Jehohanan (יהוחנן) was a Judean man sentenced to death by crucifixion sometime in the 1st century CE. His ossuary was found in 1968 when building contractors working in Giv'at ha-Mivtar accidentally uncovered a Jewish tomb. The stone ossuary had the Hebrew inscription of "Jehohanan the son of Hagkol" (יהוחנן בן הגקול; the meaning of hgqwl is uncertain, hence his name sometimes being given as Johanan ben Ha-galgula).

In his initial anthropological observations in 1970 at the Hebrew University of Jerusalem, Nicu Haas concluded that Jehohanan was crucified with his arms stretched out and his forearms nailed, possibly on a two-beamed cross. However, a 1985 reappraisal by Joseph Zias and Eliezer Sekeles of the Hebrew University found multiple errors in these observations. Zias and Sekeles proposed that a horizontal beam was affixed to vertical stakes, with Jehohanan's arms tied and death occurring from asphyxiation.

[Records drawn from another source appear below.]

-- ===== src/Calls/Emit/Sited.antt =====
-- What pass 3 of src/java_codebase_rag/graph/build_ast_graph.py writes for one call.
use mathlib.Core.List.{Memᴰ}
use mathlib.Core.List.Memᴰ
use jrag.Base.{
  strip, ℕ, ◌≤◌, Bool, true, false, not, Option, none, some, List, [], ◌∷◌, ◌++◌, map, ◌≡◌, ◌⊎◌,
  refl, sym, ap, ◌∙◌, subst, arith, if◌then◌else◌, ◌&&◌, length, All, Bool-cases, inl, inr, Text,
  append-nil, append_assoc, one_of,
}
use jrag.Calls.Emit.Part.{IsPart, IsLocal, own_service-IsPart, collapsed-IsPart}
use jrag.Calls.{get, has, CallSite, MemberEntry, Tables, FileAst}
use jrag.Calls.Names.{Scope, has_char}
use jrag.Calls.Receiver.{
  Strategy, chained_receiver, overload_ambiguous, Receiver, resolve_receiver_type,
  resolve_expression, is_empty, is_effectively_static, by_static_import, by_wildcard,
  static_wildcard_resolve, found, static_import, static_import_wildcard, or_try, before_last_dot,
}
use jrag.Calls.Lookup.{lookup_method_candidates}
use jrag.Calls.Lookup.Found.{Answers, Selects, lookup_method_candidates_lem}
use jrag.Calls.Emit.{
  CallsRow, SiteReason, chained, unresolved_receiver, Output, same_strategy,
  emit_unresolved_call_site, emit_call_edge, emit_all, own_service, edge_strategy, candidate_rows,
  resolved_row, unresolved_row, collapsed, phantom_fqn, add_phantom, count_skipped, emit_candidates,
  emit_on_type, emit_typed, emit_or_skip, resolve_and_emit_call,
}

emit_all-calls :
    (rows : List CallsRow) (o : Output) → (emit_all rows o).calls_rows ≡ o.calls_rows ++ rows
unfolding emit_all emit_call_edge
emit_all-calls [] o = sym (append-nil o.calls_rows)
emit_all-calls (r ∷ rows) o =
    emit_all-calls rows (emit_call_edge r o) ∙ append_assoc o.calls_rows (r ∷ []) rows

emit_all-sites : (rows : List CallsRow) (o : Output) → (emit_all rows o).site_rows ≡ o.site_rows
unfolding emit_all emit_call_edge
emit_all-sites [] o = refl
emit_all-sites (r ∷ rows) o = emit_all-sites rows (emit_call_edge r o)

-- A row of the call, at its place.
abbrev pub IsFrom : MemberEntry → CallSite → CallsRow → Type 0
IsFrom m call row = (row.src_id ≡ m.node_id) × (row.line ≡ call.line) × (row.byte ≡ call.byte)

-- An unresolved row: no method answers to the call. A resolved one: it leads to a method that does, and in the caller's
-- microservice if the lookup finds any there.
abbrev pub IsEdge : Tables → Text → MemberEntry → CallSite → CallsRow → Type 0
IsEdge tables recv m call row =
    let Fits = Answers tables recv call.callee_simple call.arg_count in
    let all = (lookup_method_candidates tables recv call.callee_simple call.arg_count).0 in
    IsFrom m call row
    × (((row.resolved ≡ false) × ((c : MemberEntry) → Fits c → ⊥))
        ⊎ ((row.resolved ≡ true)
            × (c : MemberEntry) × (c.node_id ≡ row.dst_id)
            × Fits c
            × IsLocal m all c))

-- At least one row of the call is added, and no site.
pub record Emits (tables : Tables) (recv : Text) (m : MemberEntry) (call : CallSite) (o p : Output)
    : Type 0 where
  pub rows : List CallsRow
  pub added : p.calls_rows ≡ o.calls_rows ++ rows
  pub not_empty : 1 ≤ length rows
  pub edges : All (IsEdge tables recv m call) rows
  pub same_sites : p.site_rows ≡ o.site_rows

Selects-Answers :
    (tables : Tables) (recv callee : Text) (args : Option ℕ) (p : List MemberEntry × Bool)
    → Selects tables recv callee args p
    → (c : MemberEntry) → Memᴰ c p.0
    → Answers tables recv callee args c
Selects-Answers tables recv callee args ([], b) h c m = absurd (Memᴰ.not-nil m)
Selects-Answers tables recv callee args (x ∷ xs, false) h c m = ((h c).0 m).0
Selects-Answers tables recv callee args (x ∷ xs, true) h c m = (h c).0.0 m

Selects-none :
    (tables : Tables) (recv callee : Text) (args : Option ℕ) (p : List MemberEntry × Bool)
    → Selects tables recv callee args p
    → (1 ≤ length p.0 → ⊥)
    → (c : MemberEntry) → Answers tables recv callee args c
    → ⊥
Selects-none tables recv callee args ([], false) h n c a = h c a
Selects-none tables recv callee args ([], true) h n c a = h
Selects-none tables recv callee args (x ∷ xs, b) h n c a = n (omega arith)

rows-All :
    (P : CallsRow → Type 0) (f : MemberEntry → CallsRow) (cs : List MemberEntry)
    → ((c : MemberEntry) → Memᴰ c cs → P (f c))
    → All P (map f cs)
rows-All P f [] h = tt
rows-All P f (c ∷ cs) h = (h c (Memᴰ.head refl), rows-All P f cs (λ d k. h d (Memᴰ.tail k)))

candidate_rows-All :
    (P : CallsRow → Type 0) (m : MemberEntry) (call : CallSite) (s : Strategy × ℕ)
    (cs : List MemberEntry)
    → ((c : MemberEntry) (t : Strategy) → Memᴰ c cs → P (resolved_row m call t s.1 c))
    → All P (candidate_rows m call s cs)
candidate_rows-All P m call s [] h = tt
candidate_rows-All P m call s (c ∷ []) h = (h c s.0 (Memᴰ.head refl), tt)
candidate_rows-All P m call s (c ∷ d ∷ cs) h =
    rows-All P (λ x. resolved_row m call overload_ambiguous s.1 x) (c ∷ d ∷ cs)
      (λ x k. h x overload_ambiguous k)

length-candidate_rows :
    (m : MemberEntry) (call : CallSite) (s : Strategy × ℕ) (cs : List MemberEntry)
    → 1 ≤ length cs
    → 1 ≤ length (candidate_rows m call s cs)
length-candidate_rows m call s [] h = h
length-candidate_rows m call s (c ∷ []) h = h
length-candidate_rows m call s (c ∷ d ∷ cs) h = omega arith

add_phantom-rows :
    (pid fqn : Text) (o : Output)
    → ((add_phantom pid fqn o).calls_rows ≡ o.calls_rows)
      × ((add_phantom pid fqn o).site_rows ≡ o.site_rows)
add_phantom-rows pid fqn o =
    elim (Bool-cases (one_of pid (map (λ (p : Text × Text). p.0) o.phantoms))) [
      | inl e ↦ rw e (refl, refl)
      | inr e ↦ rw e (refl, refl)
    ]

module _ (phantom_id : Text → Text) (tables : Tables) (ast : FileAst) where
  emit_candidates-Emits :
      (m : MemberEntry) (call : CallSite) (recv : Text) (s : Strategy × ℕ) (cs : List MemberEntry)
      (o : Output)
      → let all = (lookup_method_candidates tables recv call.callee_simple call.arg_count).0 in
        IsPart (IsLocal m all) all cs
        → Emits tables recv m call o (emit_candidates phantom_id tables ast m call recv s cs o)
  unfolding emit_candidates emit_call_edge
  emit_candidates-Emits m call recv s [] o part =
      let fqn = phantom_fqn recv call.callee_simple in
      let args = call.arg_count in
      let found = lookup_method_candidates_lem tables recv call.callee_simple args in
      let (c, k) = add_phantom-rows (phantom_id fqn) fqn o in
      record {
        rows = unresolved_row m call (phantom_id fqn) s ∷ [];
        added = ap (λ (l : List CallsRow). l ++ (unresolved_row m call (phantom_id fqn) s ∷ [])) c;
        not_empty = omega arith;
        edges = (
          (
            (refl, refl, refl),
            inl (
              refl,
              Selects-none tables recv call.callee_simple args
                  (lookup_method_candidates tables recv call.callee_simple args) found
                  (λ n. omega (arith, part.some_left n)),
            ),
          ),
          tt,
        );
        same_sites = k;
      }
  emit_candidates-Emits m call recv s (c ∷ cs) o part =
      let args = call.arg_count in
      let found = lookup_method_candidates_lem tables recv call.callee_simple args in
      let all = lookup_method_candidates tables recv call.callee_simple args in
      let kept = collapsed tables recv call s.0 (c ∷ cs) in
      let less = collapsed-IsPart tables recv call s.0 (c ∷ cs) in
      record {
        rows = candidate_rows m call s kept;
        added = emit_all-calls (candidate_rows m call s kept) o;
        not_empty = length-candidate_rows m call s kept (less.some_left (omega arith));
        edges = candidate_rows-All (IsEdge tables recv m call) m call s kept (λ d t k.
            let (l, is_local) = part.fits d (less.fits d k).0 in
            (
              (refl, refl, refl),
              inr (
                refl,
                d,
                refl,
                Selects-Answers tables recv call.callee_simple args all found d l,
                is_local,
              ),
            ));
        same_sites = emit_all-sites (candidate_rows m call s kept) o;
      }

  emit_on_type-Emits :
      (m : MemberEntry) (call : CallSite) (r : Receiver) (recv : Text) (o : Output)
      → Emits tables recv m call o (emit_on_type phantom_id tables ast m call r recv o)
  unfolding emit_on_type
  emit_on_type-Emits m call r recv o =
      let found = lookup_method_candidates tables recv call.callee_simple call.arg_count in
      let own = own_service m found.0 in
      let e =
        emit_candidates-Emits m call recv (edge_strategy m call r found.1 own.0) own.0
          (count_skipped own.1 o) (own_service-IsPart m found.0) in
      record {
        rows = e.rows;
        added = e.added;
        not_empty = e.not_empty;
        edges = e.edges;
        same_sites = e.same_sites;
      }

  -- One site of the call is added, and no row.
  abbrev pub IsSite : MemberEntry → CallSite → Output → Output → Type 0
  IsSite m call o p =
      (p.calls_rows ≡ o.calls_rows)
      × ((why : SiteReason) × (p.site_rows
            ≡ o.site_rows ++ (record { caller_id = m.node_id; call = call; reason = why } ∷ [])))

  abbrev pub Writes : MemberEntry → CallSite → Receiver → Output → Output → Type 0
  Writes m call r o p =
      (((same_strategy r.strategy chained_receiver ≡ true) ⊎ (r.type_fqn ≡ none))
        × IsSite m call o p)
      ⊎ ((recv : Text) × (r.type_fqn ≡ some recv) × Emits tables recv m call o p)

  site_Writes :
      (m : MemberEntry) (call : CallSite) (r : Receiver) (why : SiteReason) (o : Output)
      → (same_strategy r.strategy chained_receiver ≡ true) ⊎ (r.type_fqn ≡ none)
      → Writes m call r o (emit_unresolved_call_site m.node_id call why o)
  unfolding emit_unresolved_call_site
  site_Writes m call r chained o h = inl (h, (refl, (chained, refl)))
  site_Writes m call r unresolved_receiver o h = inl (h, (refl, (unresolved_receiver, refl)))

  typed_Writes :
      (m : MemberEntry) (call : CallSite) (r : Receiver) (t : Option Text) (o : Output)
      → r.type_fqn ≡ t
      → Writes m call r o (emit_typed phantom_id tables ast m call r t o)
  typed_Writes m call r none o e = site_Writes m call r unresolved_receiver o (inr e)
  typed_Writes m call r (some recv) o e = inr (recv, e, emit_on_type-Emits m call r recv o)

  received_Writes :
      (m : MemberEntry) (call : CallSite) (r : Receiver) (o : Output)
      → Writes m call r o (emit_or_skip phantom_id tables ast m call (some r) o)
  received_Writes m call r o =
      let site = emit_unresolved_call_site m.node_id call chained o in
      let typed = emit_typed phantom_id tables ast m call r r.type_fqn o in
      elim (Bool-cases (same_strategy r.strategy chained_receiver)) [
        | inl e ↦
            subst (λ (b : Bool). Writes m call r o (if b then site else typed)) (sym e)
              (site_Writes m call r chained o (inl e))
        | inr e ↦
            subst (λ (b : Bool). Writes m call r o (if b then site else typed)) (sym e)
              (typed_Writes m call r r.type_fqn o refl)
      ]

  by_wildcard-some :
      (m : MemberEntry) (callee : Text) (other : Receiver)
      → has m.parent_fqn tables.types ≡ true
      → (r : Receiver) × (by_wildcard tables ast m callee other ≡ some r)
  by_wildcard-some m callee other h = (
    or_try (static_wildcard_resolve tables callee ast.static_wildcards)
        (λ t. found t static_import_wildcard 85) other,
    rw h refl,
  )

  by_import_some :
      (m : MemberEntry) (callee : Text) (full : Option Text) (other : Receiver)
      → has m.parent_fqn tables.types ≡ true
      → (r : Receiver) × (by_static_import tables ast m callee full other ≡ some r)
  by_import_some m callee none other h = by_wildcard-some m callee other h
  by_import_some m callee (some full) other h = elim (Bool-cases (has_char b'.' full)) [
    | inl e ↦ (found (before_last_dot full) static_import 95, rw e refl)
    | inr e ↦ let (r, k) = by_wildcard-some m callee other h in (r, rw e k)
  ]

  resolves :
      (scope : Scope) (m : MemberEntry) (call : CallSite)
      → has m.parent_fqn tables.types ≡ true
      → (r : Receiver) × (resolve_receiver_type tables ast scope m call ≡ some r)
  unfolding resolve_receiver_type
  resolves scope m call h =
      let expr = strip call.receiver_expr in
      let rest =
        resolve_expression tables ast scope m (is_effectively_static scope call expr) expr in
      elim (Bool-cases (is_empty expr && not call.is_static_call)) [
        | inl e ↦
            let (r, k) =
              by_import_some m call.callee_simple (get call.callee_simple ast.static_methods) rest
                h in
            (r, rw e k)
        | inr e ↦ (rest, rw e refl)
      ]

  -- Of a call in a member whose type is in the tables the receiver is resolved, and one of two things is written. Where
  -- its strategy is the chained one or it has no type: one site of the call and no row. Else rows of the call, at least
  -- one, and no site: an unresolved row only if no method on a type that can be reached from the receiver's answers to
  -- the callee's name, and a resolved row leads to such a method, which is in the caller's microservice, if it has one,
  -- where the lookup finds any there.
  pub resolve_and_emit_call-Writes :
      (scope : Scope) (m : MemberEntry) (call : CallSite) (o : Output)
      → has m.parent_fqn tables.types ≡ true
      → (r : Receiver) × (resolve_receiver_type tables ast scope m call ≡ some r)
        × Writes m call r o (resolve_and_emit_call phantom_id tables ast scope m call o)
  unfolding resolve_and_emit_call
  resolve_and_emit_call-Writes scope m call o h =
      let (r, e) = resolves scope m call h in
      (
        r,
        e,
        subst (λ q. Writes m call r o (emit_or_skip phantom_id tables ast m call q o)) (sym e)
            (received_Writes m call r o),
      )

==Anthropological observations==

===Initial observations, Haas, 1970===
In his article "Anthropological Observations on the Skeletal Remains from Giv'at ha-Mivtar" published in the Israel Exploration Journal in 1970, Nicu Haas of the Department of Anatomy at Hebrew University, wrote of the remains of a man crucified:

The whole of our interpretation concerning the position of the body on the cross may be described briefly as follows: The feet were joined almost parallel, both transfixed by the same nail at the heels, with the legs adjacent; the knees were doubled, the right one overlapping the left; the trunk was contorted; the upper limbs were stretched out, each stabbed by a nail in the forearm."
— Israel Exploration Journal, Vol-20, 1970

Haas was unable to examine the remains any further because of serious health problems, and while his conclusions became widely accepted by the general public, several errors in his observations were later identified by Joseph Zias and Dr. Eliezer Sekeles of the Hebrew University in their 1985 reappraisal.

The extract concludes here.